Top of Record excerpts

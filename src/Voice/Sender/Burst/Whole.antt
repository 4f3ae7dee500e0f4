-- ===== src/Voice/Sender/Burst/Whole.antt =====
-- crates/voicetastic-core/src/voice/sender.rs: a burst that nothing disturbs, from its start to its end.
use voicetastic_core.Prelude.{
  ℕ, zero, suc, ◌+◌, ◌%◌, true, List, [], ◌∷◌, ◌++◌, ltb, length, append_assoc, ◌≡◌, inl, inr, refl,
  sym, subst, ap, ◌∙◌, Bool-cases, arith,
}
use voicetastic_core.Voice.Sender.{
  SendStatus, emit, complete, sending, burst_complete, VoiceSender, starting, bursting, enqueued,
  ended, SendTask, is_active, inflight_count, retransmit_drain_timeout, unwrap_or,
}
use voicetastic_core.Voice.Outgoing.{meta}
use voicetastic_core.Voice.Sender.Burst.{
  RunEvent, scheduled, elapsed, accepted, start_task, next_frame, frame_accepted, mark_sent,
  finalize_send, drain, run_step, run_send, data_count,
}

-- The events that wake the task one after the other, all at one time.
unfoldable pub run_all : ℕ → ℕ → List RunEvent → VoiceSender × SendTask → VoiceSender × SendTask
unfolding run_send
run_all id now [] r = r
run_all id now (event ∷ events) r = run_all id now events (run_send id now event r.0 r.1)

-- The radio takes each frame under the packet id that it gives; then the linger and one check pass.
unfoldable pub accepts_all : List ℕ → List RunEvent
accepts_all [] = scheduled ∷ elapsed ∷ elapsed ∷ []
accepts_all (packet_id ∷ packet_ids) = scheduled ∷ accepted packet_id ∷ accepts_all packet_ids

-- What is told of the `n` frames from position `i` on, the latest first, onto what was told before.
unfoldable pub progress : ℕ → ℕ → ℕ → ℕ → List SendStatus → List SendStatus
progress id total i zero told = told
progress id total i (suc n) told = progress id total (i + 1) n (sending id (i + 1) total ∷ told)

-- A task between two frames.
abbrev bursting_task : SendTask → List (List ℕ) → ℕ → ℕ → List ℕ → SendTask
bursting_task t frames total_data i packet_ids = record t {
  phase = bursting;
  frames = frames;
  total_data = total_data;
  position = i;
  packet_ids = packet_ids;
}

finalize_send-Told :
    (id now : ℕ) (s : VoiceSender)
    → is_active id s ≡ true
    → (finalize_send id now s).emitted ≡ complete id ∷ s.emitted
unfolding finalize_send
finalize_send-Told id now s on = rw on refl

drain-idle :
    (id deadline now : ℕ) (s : VoiceSender) (t : SendTask)
    → inflight_count id s ≡ 0
    → drain id deadline now s t ≡ (finalize_send id now s, record t { phase = ended })
unfolding drain
drain-idle id deadline now s t idle = rw idle refl

-- The state behind a frame that was accepted.
frame_accepted-Kept :
    (id packet_id : ℕ) (s : VoiceSender) (t : SendTask)
    → (is_active id (frame_accepted id packet_id s t).0 ≡ is_active id s)
      × (inflight_count id (frame_accepted id packet_id s t).0 ≡ inflight_count id s)
      × ((frame_accepted id packet_id s t).0.emitted
          ≡ sending id (t.position + 1) t.total_frames ∷ s.emitted)
unfolding frame_accepted mark_sent is_active inflight_count
frame_accepted-Kept id packet_id s t = elim (Bool-cases (ltb t.position t.total_data)) [
  | inl lt ↦ rw lt (refl, refl, refl)
  | inr ge ↦ rw ge (refl, refl, refl)
]

append_nil : (xs : List ℕ) → xs ++ [] ≡ xs
append_nil [] = refl
append_nil (x ∷ xs) = ap (λ l. x ∷ l) (append_nil xs)

-- The task ends, and all that was told then is `told`.
abbrev pub Finishes : ℕ → ℕ → List RunEvent → VoiceSender × SendTask → List SendStatus → Type 0
Finishes id now events r told =
    ((run_all id now events r).1.phase ≡ ended) × ((run_all id now events r).0.emitted ≡ told)

run_send-frame :
    (id now : ℕ) (f : List ℕ) (fs : List (List ℕ)) (s : VoiceSender) (t : SendTask) (total i : ℕ)
    (ids : List ℕ)
    → is_active id s ≡ true
    → run_send id now scheduled s (bursting_task t (f ∷ fs) total i ids)
      ≡ (s, record (bursting_task t (f ∷ fs) total i ids) { phase = enqueued })
unfolding run_send run_step next_frame
run_send-frame id now f fs s t total i ids on = rw on refl

burst-Finishes :
    (id now : ℕ) (frames : List (List ℕ)) (packet_ids : List ℕ) (s : VoiceSender) (t : SendTask)
    (total i : ℕ) (ids : List ℕ)
    → length frames ≡ length packet_ids
    → is_active id s ≡ true
    → inflight_count id s ≡ 0
    → Finishes id now
        (accepts_all packet_ids)
        (s, bursting_task t frames total i ids)
        (complete id
          ∷ burst_complete id (ids ++ packet_ids)
          ∷ progress id t.total_frames i (length frames) s.emitted)
unfolding run_all accepts_all run_send run_step next_frame progress frame_accepted inflight_count
    is_active
burst-Finishes id now [] [] s t total i ids e on idle =
    let told = emit (burst_complete id ids) s in
    let over = drain-idle id (now + retransmit_drain_timeout) now told _ idle in
    (
      ap (λ r. r.1.phase) over,
      ap (λ r. r.0.emitted) over
          ∙ finalize_send-Told id now told on
          ∙ ap (λ l. complete id ∷ burst_complete id l ∷ s.emitted) (sym (append_nil ids)),
    )
burst-Finishes id now [] (p ∷ ps) s t total i ids e on idle = absurd (omega (arith, e))
burst-Finishes id now (f ∷ fs) [] s t total i ids e on idle = absurd (omega (arith, e))
burst-Finishes id now (f ∷ fs) (p ∷ ps) s t total i ids e on idle =
    let t' : SendTask = record (bursting_task t (f ∷ fs) total i ids) { phase = enqueued } in
    let k = frame_accepted-Kept id p s t' in
    let s' = (frame_accepted id p s t').0 in
    let rest =
      burst-Finishes id now fs ps s' t total (i + 1) (ids ++ p ∷ []) (omega (arith, e)) (k.0 ∙ on)
        (k.1 ∙ idle) in
    let all =
      complete id
      ∷ burst_complete id (ids ++ p ∷ ps)
      ∷ progress id t.total_frames (i + 1) (length fs)
          (sending id (i + 1) t.total_frames ∷ s.emitted) in
    let told =
      ap
        (λ l.
          complete id
          ∷ burst_complete id l
          ∷ progress id t.total_frames (i + 1) (length fs) s'.emitted)
        (append_assoc ids (p ∷ []) ps)
      ∙ ap
          (λ l.
            complete id
            ∷ burst_complete id (ids ++ p ∷ ps)
            ∷ progress id t.total_frames (i + 1) (length fs) l)
          k.2 in
    subst (λ r. Finishes id now (accepted p ∷ accepts_all ps) r all)
      (sym (run_send-frame id now f fs s t total i ids on)) (rest.0, rest.1 ∙ told)

-- The number of data chunks that the task reads when it starts.
abbrev counted : ℕ → VoiceSender → SendTask → ℕ
unfolding meta
counted id s t = unwrap_or (data_count (meta s.registry id)) (t.total_frames % 256)

run_send-start :
    (id now : ℕ) (s : VoiceSender) (t : SendTask)
    → t.phase ≡ starting
    → t.position ≡ 0
    → t.packet_ids ≡ []
    → is_active id s ≡ true
    → run_send id now scheduled s t ≡ (s, bursting_task t t.frames (counted id s t) 0 [])
unfolding run_send run_step start_task counted
run_send-start id now s t p z n on =
    ap (λ q. run_step id now scheduled q s t) p
    ∙ rw on (λ i. (s, bursting_task t t.frames (counted id s t) (z i) (n i)))

-- A send that is active, that no retransmit is in flight of and that nobody disturbs, its frames taken
-- by the radio one by one: its task ends, and what it told is one `Sending` for each frame, in order
-- and counted from 1, then `BurstComplete` with the packet ids in order, then `Complete`.
pub run_send-Finishes :
    (id now : ℕ) (packet_ids : List ℕ) (s : VoiceSender) (t : SendTask)
    → t.phase ≡ starting
    → t.position ≡ 0
    → t.packet_ids ≡ []
    → length t.frames ≡ length packet_ids
    → is_active id s ≡ true
    → inflight_count id s ≡ 0
    → Finishes id now
        (scheduled ∷ accepts_all packet_ids)
        (s, t)
        (complete id
          ∷ burst_complete id packet_ids
          ∷ progress id t.total_frames 0 (length t.frames) s.emitted)
unfolding run_all
run_send-Finishes id now packet_ids s t p z n e on idle =
    let begun = run_send-start id now s t p z n on in
    subst
      (λ r. Finishes id now (accepts_all packet_ids) r (
        complete id
        ∷ burst_complete id packet_ids
        ∷ progress id t.total_frames 0 (length t.frames) s.emitted))
      (sym begun) (burst-Finishes id now t.frames packet_ids s t (counted id s t) 0 [] e on idle)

Bottom of Record excerpts

■ **Task to carry out**: Lines with "what" in the records: how many are there? Give only the number.

■ **Result for this task**: 2